- EXERCISE:
Somewhere below is a line with "(connect_answered c result)" and, later, a line with "Each-of _ (Reconnect.record_failure"; repeat those two lines and all the lines between them, exactly as they are.
——
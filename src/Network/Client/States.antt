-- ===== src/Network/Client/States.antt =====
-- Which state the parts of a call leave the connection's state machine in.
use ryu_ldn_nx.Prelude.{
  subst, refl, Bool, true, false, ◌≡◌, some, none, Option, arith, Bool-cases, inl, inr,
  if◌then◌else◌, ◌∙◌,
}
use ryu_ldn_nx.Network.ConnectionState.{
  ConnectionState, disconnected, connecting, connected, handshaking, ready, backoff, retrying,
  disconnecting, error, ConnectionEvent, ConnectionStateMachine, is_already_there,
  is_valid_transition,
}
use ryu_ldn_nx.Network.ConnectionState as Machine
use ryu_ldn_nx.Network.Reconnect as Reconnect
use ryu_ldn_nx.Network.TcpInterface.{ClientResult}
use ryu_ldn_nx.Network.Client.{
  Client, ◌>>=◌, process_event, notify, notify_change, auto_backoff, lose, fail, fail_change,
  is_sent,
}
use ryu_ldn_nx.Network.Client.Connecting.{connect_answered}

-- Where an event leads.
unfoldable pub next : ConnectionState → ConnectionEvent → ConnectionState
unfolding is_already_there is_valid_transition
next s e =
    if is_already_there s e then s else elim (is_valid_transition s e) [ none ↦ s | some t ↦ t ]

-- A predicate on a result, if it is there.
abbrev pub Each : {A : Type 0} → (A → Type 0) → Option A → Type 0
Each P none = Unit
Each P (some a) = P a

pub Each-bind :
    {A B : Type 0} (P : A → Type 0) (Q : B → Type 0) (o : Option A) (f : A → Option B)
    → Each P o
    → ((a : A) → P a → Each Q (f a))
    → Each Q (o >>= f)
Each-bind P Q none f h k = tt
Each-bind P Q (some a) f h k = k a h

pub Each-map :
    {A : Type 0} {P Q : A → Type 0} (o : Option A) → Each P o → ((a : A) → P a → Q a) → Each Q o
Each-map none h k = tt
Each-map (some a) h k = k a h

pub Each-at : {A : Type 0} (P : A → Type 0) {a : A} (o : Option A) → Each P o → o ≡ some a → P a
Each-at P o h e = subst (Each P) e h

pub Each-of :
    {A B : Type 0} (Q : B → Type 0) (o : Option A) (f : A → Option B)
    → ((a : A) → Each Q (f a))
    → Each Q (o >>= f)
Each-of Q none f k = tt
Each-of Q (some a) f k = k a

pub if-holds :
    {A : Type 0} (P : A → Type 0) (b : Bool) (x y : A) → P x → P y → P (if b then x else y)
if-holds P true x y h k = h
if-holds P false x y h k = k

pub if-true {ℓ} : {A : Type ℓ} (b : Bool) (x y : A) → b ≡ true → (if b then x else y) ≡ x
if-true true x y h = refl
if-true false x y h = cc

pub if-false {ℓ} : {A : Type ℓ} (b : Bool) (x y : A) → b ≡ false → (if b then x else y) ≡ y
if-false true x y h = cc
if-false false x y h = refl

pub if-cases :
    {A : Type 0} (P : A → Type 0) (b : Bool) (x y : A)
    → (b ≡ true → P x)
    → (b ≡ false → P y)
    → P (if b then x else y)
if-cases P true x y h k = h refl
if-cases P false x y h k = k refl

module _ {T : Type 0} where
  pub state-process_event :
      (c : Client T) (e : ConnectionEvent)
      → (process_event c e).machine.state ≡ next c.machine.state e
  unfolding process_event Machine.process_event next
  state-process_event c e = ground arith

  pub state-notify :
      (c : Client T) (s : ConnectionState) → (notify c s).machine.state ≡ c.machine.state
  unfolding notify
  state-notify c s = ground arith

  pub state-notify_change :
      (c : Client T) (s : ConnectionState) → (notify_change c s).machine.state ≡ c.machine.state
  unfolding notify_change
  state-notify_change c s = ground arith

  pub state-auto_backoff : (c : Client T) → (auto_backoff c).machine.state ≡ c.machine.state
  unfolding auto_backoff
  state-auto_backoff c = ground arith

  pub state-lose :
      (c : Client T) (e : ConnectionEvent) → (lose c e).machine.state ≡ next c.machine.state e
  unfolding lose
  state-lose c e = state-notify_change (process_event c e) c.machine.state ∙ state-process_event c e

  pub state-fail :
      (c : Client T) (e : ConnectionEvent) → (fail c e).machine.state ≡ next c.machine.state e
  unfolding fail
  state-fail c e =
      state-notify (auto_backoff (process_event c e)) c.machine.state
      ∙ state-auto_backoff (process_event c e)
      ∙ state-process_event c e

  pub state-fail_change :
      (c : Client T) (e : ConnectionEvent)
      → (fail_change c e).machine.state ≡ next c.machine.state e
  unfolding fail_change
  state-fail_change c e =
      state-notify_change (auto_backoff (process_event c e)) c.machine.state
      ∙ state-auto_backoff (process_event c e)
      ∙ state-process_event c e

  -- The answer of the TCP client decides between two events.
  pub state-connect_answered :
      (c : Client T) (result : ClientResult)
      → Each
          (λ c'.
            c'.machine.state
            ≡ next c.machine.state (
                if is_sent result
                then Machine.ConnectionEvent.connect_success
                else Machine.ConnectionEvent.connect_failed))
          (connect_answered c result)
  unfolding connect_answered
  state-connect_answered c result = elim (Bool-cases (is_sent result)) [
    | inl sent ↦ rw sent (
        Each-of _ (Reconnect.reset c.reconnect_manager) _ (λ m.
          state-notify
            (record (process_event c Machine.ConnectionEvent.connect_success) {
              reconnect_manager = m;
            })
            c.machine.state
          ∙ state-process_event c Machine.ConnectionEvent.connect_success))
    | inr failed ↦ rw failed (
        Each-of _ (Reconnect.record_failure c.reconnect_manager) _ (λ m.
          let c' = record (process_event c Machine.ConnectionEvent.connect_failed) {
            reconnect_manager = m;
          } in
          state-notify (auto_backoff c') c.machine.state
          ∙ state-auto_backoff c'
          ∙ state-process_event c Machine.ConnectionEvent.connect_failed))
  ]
——
- RESULT FOR THIS EXERCISE:
          (connect_answered c result)
  unfolding connect_answered
  state-connect_answered c result = elim (Bool-cases (is_sent result)) [
    | inl sent ↦ rw sent (
        Each-of _ (Reconnect.reset c.reconnect_manager) _ (λ m.
          state-notify
            (record (process_event c Machine.ConnectionEvent.connect_success) {
              reconnect_manager = m;
            })
            c.machine.state
          ∙ state-process_event c Machine.ConnectionEvent.connect_success))
    | inr failed ↦ rw failed (
        Each-of _ (Reconnect.record_failure c.reconnect_manager) _ (λ m.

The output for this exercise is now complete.